# Georgia PE, SE license



## Reverse Polish (Aug 7, 2020)

Georgia ACEC has posted on LinkedIn that SB 310--establishing a PE, SE license for Structural Engineers-- has been signed into law.  I know many Georgians on these threads have been a bit *ahem* resentful for having to pass the 16-hour SE exam in order to obtain a PE license.  What are your thoughts on another state requiring SE licensure for design of high-risk structures?

ACEC Georgia



SB 310 - "PE, SE" license for structural engineers has officially been signed into law by Governor Kemp. This bill alleviates the competitive disadvantage Georgia structural engineers face when competing for projects against individuals from states that have already established some sort of SE license. Great win for ACEC Georgia and the entire engineering community! Thank you to Senator Tyler Harper and Representative Vance Smith for State House!


----------



## Stewie (Aug 10, 2020)

Pass SE exam to obtain PE license. Wow...

This rule is only for structural engineers I guess.


----------



## Reverse Polish (Aug 10, 2020)

Stewie said:


> Pass SE exam to obtain PE license.
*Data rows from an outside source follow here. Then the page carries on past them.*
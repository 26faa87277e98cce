-- ===== src/TeenyBasic/Statements.antt =====
-- assembly-compiler/src/compile.c: `compile_ast` on statements. `none` is a trap of the compiler
-- itself, which divides when it folds.
use computer_systems.Prelude.{
  ℕ, ◌+◌, Bool, true, false, List, [], ◌∷◌, ◌++◌, Option, some, ◌==◌, if◌then◌else◌,
}
use computer_systems.Prelude.Options.{◌>>=◌}
use computer_systems.TeenyBasic.Ast.{
  Condition, Expr, binary, Statement, Statements, Else, sequence, print, let_node, if_node,
  while_node, nil, cons, no_else, else_branch,
}
use computer_systems.TeenyBasic.Fold.{folded, compute_folds}
use computer_systems.TeenyBasic.Asm.{
  jl, jge, jg, jle, je, jne, Label, if_label, else_label, end_if, start_while, while_label,
  while_end, Instr, call_print_int, store, jump_if, jmp, label,
}
use computer_systems.TeenyBasic.Compile.{slot, compile_expr}

-- The two globals that number the labels.
pub record Counters : Type 0 where
  pub if_local : ℕ
  pub while_local : ℕ

abbrev pub Emitted : Type 0
Emitted = Option (List Instr × Counters)

-- The jumps behind a comparison: to one label if it holds, to another one if not.
unfoldable pub branch : ℕ → Label → Label → List Instr
branch op yes_label no_label =
    if op == b'<'
    then jump_if jl yes_label ∷ jump_if jge no_label ∷ []
    else if op == b'>'
    then jump_if jg yes_label ∷ jump_if jle no_label ∷ []
    else if op == b'='
    then jump_if je yes_label ∷ jump_if jne no_label ∷ []
    else []

abbrev pub has_else : Else → Bool
has_else no_else = false
has_else (else_branch s) = true

module _ (log2 : ℕ → ℕ) where
  -- An expression that is a binary node is folded before it is compiled.
  unfoldable pub compile_folded : Expr → Option (List Instr)
  compile_folded e = compute_folds e >>= λ f. some (compile_expr log2 (folded f))

  unfoldable pub compile_condition : Condition Expr → Option (List Instr)
  compile_condition c = compile_folded (binary c.op c.left c.right)

  unfoldable pub if_code : ℕ → ℕ → Bool → List Instr → List Instr → List Instr → List Instr
  if_code n op with_else condition then_code else_code =
      condition
      ++ (branch op (if_label n) (if with_else then else_label n else end_if n)
          ++ (label (if_label n)
              ∷ (then_code
                  ++ (jmp (end_if n)
                      ∷ label (else_label n)
                      ∷ (else_code ++ (label (end_if n) ∷ []))))))

  unfoldable pub while_code : ℕ → ℕ → List Instr → List Instr → List Instr
  while_code n op condition body =
      label (start_while n)
      ∷ (condition
          ++ (branch op (while_label n) (while_end n)
              ++ (label (while_label n)
                  ∷ (body ++ (jmp (start_while n) ∷ label (while_end n) ∷ [])))))

  unfoldable mutual
    pub compile_ast : Statement → Counters → Emitted
    compile_ast (sequence ss) k = compile_all ss k
    compile_ast (print e) k = compile_folded e >>= λ code. some (code ++ (call_print_int ∷ []), k)
    compile_ast (let_node x e) k = some (compile_expr log2 e ++ (store (slot x) ∷ []), k)
    compile_ast (if_node c t e) k = compile_condition c >>= λ condition.
        compile_ast t (record k { if_local = k.if_local + 1 }) >>= λ (then_code, k₁).
        compile_else e k₁ >>= λ (else_code, k₂).
        some (if_code (k.if_local + 1) c.op (has_else e) condition then_code else_code, k₂)
    compile_ast (while_node c b) k = compile_condition c >>= λ condition.
        compile_ast b (record k { while_local = k.while_local + 1 }) >>= λ (body, k₁).
        some (while_code (k.while_local + 1) c.op condition body, k₁)

    pub compile_all : Statements → Counters → Emitted
    compile_all nil k = some ([], k)
    compile_all (cons s ss) k = compile_ast s k >>= λ (code, k₁).
        compile_all ss k₁ >>= λ (rest, k₂). some (code ++ rest, k₂)

    pub compile_else : Else → Counters → Emitted
    compile_else no_else k = some ([], k)
    compile_else (else_branch s) k = compile_ast s k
Wow...
> 
> This rule is only for structural engineers I guess.


To clarify, Georgia has already been requiring the 16-hour exam for engineers practicing "structural" to obtain a PE license--to the dismay of engineers residing in Georgia.  The new law provides for a separate "Professional Structural Engineer" license to align with the already-established requirements.


----------



## thedaywa1ker (Aug 10, 2020)

Sounds like good news.  Right now the board is kindof weird about it...they'll let you take the 8 hour PE only if you can convince them that you aren't and don't ever plan on working on 'high-risk' stuff (link).  By having the actual SE license, it sounds like it simplifies things for those doing low-rise and low risk stuff.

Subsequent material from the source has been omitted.